What seems clear in the record is Musgraves care and commitment to put herself out there again both sonically and in love. There is a lot more focus on love than in her previous ‘divorce album’ star-crossed. On ‘Too Good to Be True,’ Musgraves gingerly puts herself back out there to love again. ‘Please don’t make me regret / Opening up that part of myself / That I’ve been scared to give again / Be good to me, and I’ll be good to you / But please don’t be too good to be true.’ Sonically, it feels closer to Golden Hour, a delightfully simple track, filled with touches of harmony that enliven the track. With ‘Sway’ and ‘Dinner With Friends’ she offers another simple, hopeful look at love. The former is a lilting, delightful melody about one day changing and adapting to love. ‘Maybe one day, I’ll learn how to sway.’ It’s compelling, sweeping you into its whirlpool – into love as does ‘Dinner With Friends,’ a quieter, plaintive piano ballad about the joy in the small moments including ‘the shape of his eyes, the shape of his nose / The cute way he mispronounces certain woods,’ even as she addresses them as things she would ‘miss from the other side.’ The tentative return to love after pain is a theme that she returns to on the final track on the record ‘Nothing To Be Scared Of,’ where she reassures a potential lover of the safety of her embrace, even amidst the fear of screwing up a relationship in its infancy. ‘Come to me and drop your bags and I’ll help you unpack them / you’re the only one I want to give my love / there’s nothing to be scared of.’
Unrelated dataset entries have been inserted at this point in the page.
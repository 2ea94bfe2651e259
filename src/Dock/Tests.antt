-- ===== src/Dock/Tests.antt =====
-- The theorems on a dock with two panels.
use zaku.Prelude.{◌≡◌, refl, true, false, [], ◌∷◌}
use zaku.Text.{text}
use zaku.Dock.{Panel, PanelCall, Dock, empty_dock, set_open, activate_panel, add_panel}
use zaku.Dock.Active.{IsValid}
use zaku.Dock.Restore.{add_panel-IsValid}

abbrev project_panel : Panel
project_panel = record {
  panel_id = 1;
  persistent_name = text "Project Panel";
  activation_priority = 0;
  starts_open = true;
  enabled = true;
}

abbrev outline_panel : Panel
outline_panel = record {
  panel_id = 2;
  persistent_name = text "Outline";
  activation_priority = 5;
  starts_open = false;
  enabled = true;
}

empty-IsValid : IsValid empty_dock
empty-IsValid = record { ascending = tt; in_range = tt }

abbrev with_outline : Dock
with_outline = record empty_dock { panel_entries = outline_panel ∷ [] }

with_outline-IsValid : IsValid with_outline
with_outline-IsValid = record { ascending = (tt, tt); in_range = tt }

add_panel-IsValid_example : IsValid (add_panel with_outline project_panel).0
add_panel-IsValid_example = add_panel-IsValid with_outline project_panel with_outline-IsValid

-- A panel that is activated while the dock is closed is told so twice, once now and once when the
-- dock opens.
told_twice :
    (set_open (activate_panel with_outline 0) true).calls
    ≡ PanelCall.set_active 2 true ∷ PanelCall.set_active 2 true ∷ []
unfolding set_open activate_panel
told_twice = refl
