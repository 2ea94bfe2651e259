-- ===== src/Dock/Toggle.antt =====
-- `toggle_dock`: what a dock shows once it is toggled.
use zaku.Prelude.{
  ℕ, ◌≡◌, ◌⊎◌, refl, ap, ◌∙◌, true, false, Option, none, some, arith, Bool-cases, Option-cases, inl,
  inr, position, get_elem?-position,
}
use zaku.Dock.{
  Panel, Dock, active_panel, visible_entry, set_open, activate_panel, first_enabled_panel_idx,
  needs_enabled_panel, open_enabled, toggle_dock,
}
use zaku.Dock.Active.{set_open_lem, active_panel-activate_panel, active_panel-set_open}

abbrev enabled_index : Dock → Option ℕ
enabled_index dock = position (λ (panel : Panel). panel.enabled) dock.panel_entries

open_enabled_keep :
    (dock : Dock)
    → needs_enabled_panel (active_panel dock) ≡ false
    → open_enabled dock ≡ set_open dock true
unfolding open_enabled
open_enabled_keep dock h = rw (open_enabled, h)

open_enabled-none :
    (dock : Dock)
    → needs_enabled_panel (active_panel dock) ≡ true
    → enabled_index dock ≡ none
    → open_enabled dock ≡ dock
unfolding open_enabled first_enabled_panel_idx
open_enabled-none dock h e = rw (open_enabled, h, first_enabled_panel_idx, e)

open_enabled-some :
    (dock : Dock) {index : ℕ}
    → needs_enabled_panel (active_panel dock) ≡ true
    → enabled_index dock ≡ some index
    → open_enabled dock ≡ set_open (activate_panel dock index) true
unfolding open_enabled first_enabled_panel_idx
open_enabled-some dock h e = rw (open_enabled, h, first_enabled_panel_idx, e)

enabled-of_kept :
    (o : Option Panel)
    → needs_enabled_panel o ≡ false
    → (panel : Panel) × (o ≡ some panel) × (panel.enabled ≡ true)
enabled-of_kept none h = cc
enabled-of_kept (some panel) h = (panel, refl, ground arith)

visible_entry-set_open : (dock : Dock) → visible_entry (set_open dock true) ≡ active_panel dock
unfolding visible_entry
visible_entry-set_open dock =
    rw (visible_entry, (set_open_lem dock true).0) (active_panel-set_open dock true)

-- An open dock that is toggled shows nothing.
pub toggle_dock-none : (dock : Dock) → dock.is_open ≡ true → visible_entry (toggle_dock dock) ≡ none
unfolding toggle_dock visible_entry
toggle_dock-none dock h =
    let closed : toggle_dock dock ≡ set_open dock false = simp (toggle_dock, h) in
    ap visible_entry closed ∙ rw (visible_entry, (set_open_lem dock false).0)

toggle_dock-closed : (dock : Dock) → dock.is_open ≡ false → toggle_dock dock ≡ open_enabled dock
unfolding toggle_dock
toggle_dock-closed dock h = simp (toggle_dock, h)

-- A closed dock that is toggled shows an enabled panel, or it has no enabled panel and is left as
-- it was.
pub toggle_dock-shows :
    (dock : Dock)
    → dock.is_open ≡ false
    → ((panel : Panel) × (visible_entry (toggle_dock dock) ≡ some panel) × (panel.enabled ≡ true))
      ⊎ ((toggle_dock dock ≡ dock)
          × (position (λ (panel : Panel). panel.enabled) dock.panel_entries ≡ none))
toggle_dock-shows dock h = elim (Bool-cases (needs_enabled_panel (active_panel dock))) [
  | inr q ↦
      let (panel, e, m) = enabled-of_kept (active_panel dock) q in
      inl (
        panel,
        ap visible_entry (toggle_dock-closed dock h ∙ open_enabled_keep dock q)
            ∙ visible_entry-set_open dock
            ∙ e,
        m,
      )
  | inl q ↦ elim (Option-cases (enabled_index dock)) [
    | inl n ↦ inr (toggle_dock-closed dock h ∙ open_enabled-none dock q n, n)
    | inr (index, n) ↦
        let (panel, e, m) =
          get_elem?-position (λ (panel : Panel). panel.enabled) dock.panel_entries index n in
        inl (
          panel,
          ap visible_entry (toggle_dock-closed dock h ∙ open_enabled-some dock q n)
              ∙ visible_entry-set_open (activate_panel dock index)
              ∙ active_panel-activate_panel dock index
              ∙ e,
          m,
        )
  ]
]
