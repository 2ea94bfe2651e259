-- ===== src/Text/Trim.antt =====
-- `str::trim` of the standard library.
use zaku.Prelude.{ℕ, Bool, ◌&&◌, ◌||◌, [], ◌∷◌, leb, ◌==◌, if◌then◌else◌}
use zaku.Text.{Str}

-- `char::is_whitespace`
unfoldable pub is_whitespace : ℕ → Bool
is_whitespace c =
    leb 9 c && leb c 13
    || c == 0x20
    || c == 0x85
    || c == 0xa0
    || c == 0x1680
    || leb 0x2000 c && leb c 0x200a
    || c == 0x2028
    || c == 0x2029
    || c == 0x202f
    || c == 0x205f
    || c == 0x3000

-- `str::trim`
unfoldable pub trim_start : Str → Str
unfolding is_whitespace
trim_start [] = []
trim_start (c ∷ s) = let rest = trim_start s in if is_whitespace c then rest else c ∷ s

abbrev pub trimmed_onto : ℕ → Str → Str
trimmed_onto c [] = if is_whitespace c then [] else c ∷ []
trimmed_onto c (d ∷ s) = c ∷ d ∷ s

unfoldable pub trim_end : Str → Str
unfolding is_whitespace
trim_end [] = []
trim_end (c ∷ s) = trimmed_onto c (trim_end s)

unfoldable pub trim : Str → Str
unfolding trim_start trim_end
trim s = trim_end (trim_start s)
Even despite the way she views love as a fragile thing to be approached tentatively, there is a lot in the record that sees love as a source of comfort and safety. So, on the plucky track ‘Heart of the Woods,’ she sings to a lover ‘When there is danger we’ll take care of each other / In the heart of the woods.’ It’s one of the richest sonic landscapes created on the record, filled with folksy touches that enliven the track, where the more experimental duo of songs ‘Heaven Is’ and ‘Anime Eyes’ see Musgraves sing to a lover about their effect on her. The former offers a lilting lullaby, exploring the joy they have brought to her life, ‘If all I have is the light in your eyes / That’s what heaven is.’ The culmination of these threads seems to come together on ‘Lonely Millionaire’ that shows the downside of fame and fortune, delivered in a slow and sultry mix that sees Musgraves question, ‘Who wants to be a lonely millionaire?’ It’s a question that not only highlights the emptiness of wealth without meaningful relationships, but posits love as the real source of wealth.
In a time where even artists with the power and pull in the industry of Beyoncé are faced with controversy for creating a ‘country album,’ it is questionable whether there is even a point to hard genre boundaries, given the backlash they ultimately ensure for the artist. Where artists like Musgraves blur those boundaries and push genres into new territories, shouldn’t the identity they choose be the one we listen to? Deeper Well asserts Musgraves as an artist of universal appeal, a songwriter of real depth, one who is unable to be pigeonholed either aesthetically, sonically or lyrically. Deeper Well is a quieter album, using the lyrical depth of Golden Hour and its sonic packaging, with touches of her debut, country material to decorate for good measure and feels rich both in its depth and the wealth of sonic inspiration from which Musgraves draws upon, both from within and outside the country genre. A masterful record.